We’ve outlined all the ingredients and directions for you to make the perfect Apple Brown Betty with Ice Cream. This dish qualifies as a Easy level recipe. It should take you about 1 hr 40 min to make this recipe. The Apple Brown Betty with Ice Cream recipe should make enough food for 4 to 6 servings.

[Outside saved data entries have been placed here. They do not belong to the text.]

-- ===== src/Tests/Cpu.antt =====
-- Runs of code/machine/translate.cc and mipssim.cc.
use my_nachos.Shared.{
  ◌+◌, ◌-◌, ◌*◌, ◌^◌, ◌≡◌, refl, inl, inr, arith, true, false, none, some, List, [], ◌∷◌, replicate,
  set, ok, stop, Stop, get_or,
}
use my_nachos.Machine.State.{
  Machine, TranslationEntry, user_mode, syscall_exception, raise_exception,
}
use my_nachos.Machine.Exceptions.{raise_exception_lem}
use my_nachos.Machine.Translate.{translate}
use my_nachos.Machine.Translate.Bounds.{PageGives, translate-PageGives}
use my_nachos.Machine.Translate.Tlb.{TlbGives, translate-TlbGives}
use my_nachos.Machine.Memory.{read_mem, write_mem, write_value}
use my_nachos.Machine.Memory.RoundTrip.{narrow}
use my_nachos.Machine.Memory.Virtual.{read_mem-write_mem}
use my_nachos.Machine.Mult.{mult}
use my_nachos.Machine.Mult.Loop.{double}
use my_nachos.Machine.Mult.Product.{mult-unsigned, mult-signed}
use my_nachos.Machine.Decode.{decode, special_table, op_res, Instruction}
use my_nachos.Machine.Execute.Arith.{exec_add, exec_addi, exec_sub}
use my_nachos.Machine.Execute.Arith.Overflow.{
  biased, Gives, exec_add-Gives, exec_addi-Gives, exec_sub-Gives,
}
use my_nachos.Machine.Decode.Fields.{encode_r, decode-encode_r}

abbrev frame_three : TranslationEntry
frame_three = record {
  virtual_page = 0;
  physical_page = 3;
  valid = true;
  read_only = false;
  used = false;
  dirty = false;
}

abbrev pages : List TranslationEntry
pages = frame_three ∷ []

-- One page, in frame 3.
abbrev one_page : Machine
one_page = record {
  main_memory = replicate 4096 0;
  registers = λ r. 0;
  tlb = none;
  page_table = some pages;
  page_table_size = 1;
  status = user_mode;
}

abbrev one_tlb_entry : Machine
one_tlb_entry = record one_page { tlb = some pages; page_table = none }

translate-PageGives_example : PageGives one_page pages 8 4 true (translate one_page 8 4 true)
translate-PageGives_example =
    translate-PageGives one_page pages 8 4 true refl refl refl (inr (inr refl))

translate-TlbGives_example :
    TlbGives one_tlb_entry pages 200 2 false (translate one_tlb_entry 200 2 false)
translate-TlbGives_example =
    translate-TlbGives one_tlb_entry pages 200 2 false refl refl (inr (inl refl))

abbrev after_write : Machine
after_write = record one_page {
  page_table = some (record frame_three { used = true; dirty = true } ∷ []);
  main_memory = set (set (set (set (replicate 4096 0) 392 0x78) 393 0x56) 394 0x34) 395 0x12;
}

write_run : write_mem one_page 8 4 0x1234_5678 ≡ ok (true, after_write)
unfolding write_mem translate write_value
write_run = refl

read_mem-write_mem_example :
    (m : Machine) × (read_mem after_write 8 4 ≡ ok (some (narrow 4 0x1234_5678), m))
read_mem-write_mem_example =
    read_mem-write_mem one_page pages 8 4 0x1234_5678 after_write refl refl refl refl
      (inr (inr refl)) (omega arith) write_run

raise_exception_lem_example : raise_exception one_page syscall_exception 0 ≡ stop Stop.halted
raise_exception_lem_example = raise_exception_lem one_page syscall_exception 0

mult_run : mult 0xffff_ffff 5 true ≡ (0xffff_ffff, 0xffff_fffb)
unfolding mult my_nachos.Machine.Mult.mult_loop my_nachos.Machine.Mult.negate
    my_nachos.Machine.Mult.accumulate my_nachos.Machine.Mult.shift
mult_run = refl

mult-unsigned_example : double (mult 70000 90000 false).0 (mult 70000 90000 false).1 ≡ 70000 * 90000
mult-unsigned_example = mult-unsigned 70000 90000 (omega arith) (omega arith)

mult-signed_example : double (mult 0xffff_ffff 5 true).0 (mult 0xffff_ffff 5 true).1 ≡ 2 ^ 64 - 5
mult-signed_example = mult-signed 0xffff_ffff 5 (omega arith) (omega arith)

decode-encode_r_example : decode (encode_r 1 2 3 0 0x20) ≡ record {
  value = encode_r 1 2 3 0 0x20;
  op_code = get_or special_table 0x20 op_res;
  rs = 1;
  rt = 2;
  rd = 3;
  extra = 0;
}
decode-encode_r_example =
    decode-encode_r 1 2 3 0 0x20 (omega arith) (omega arith) (omega arith) (omega arith)
      (omega arith)

-- Both operands are 2 ^ 31 - 1.
abbrev large : Machine
large = record one_page { registers = λ r. 0x7fff_ffff }

abbrev add_regs : Instruction
add_regs = record { value = 0; op_code = op_res; rs = 1; rt = 2; rd = 3; extra = 0xffff_ffff }

exec_add-Gives_example :
    Gives large 8 3 (biased 0x7fff_ffff + biased 0x7fff_ffff) (exec_add large add_regs 8)
exec_add-Gives_example = exec_add-Gives large add_regs 8 (omega arith) (omega arith)

exec_addi-Gives_example :
    Gives large 8 2 (biased 0x7fff_ffff + biased 0xffff_ffff) (exec_addi large add_regs 8)
exec_addi-Gives_example = exec_addi-Gives large add_regs 8 (omega arith) (omega arith)

exec_sub-Gives_example :
    Gives large 8 3 (biased 0x7fff_ffff + 2 ^ 32 - biased 0x7fff_ffff) (exec_sub large add_regs 8)
exec_sub-Gives_example = exec_sub-Gives large add_regs 8 (omega arith) (omega arith)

You can add your own personal twist to this Apple Brown Betty with Ice Cream recipe, depending on your culture or family tradition. Don’t be scared to add other ingredients once you’ve gotten comfortable with the recipe! Please see below for a list of potential bakeware items that might be necessary for this Apple Brown Betty with Ice Cream recipe.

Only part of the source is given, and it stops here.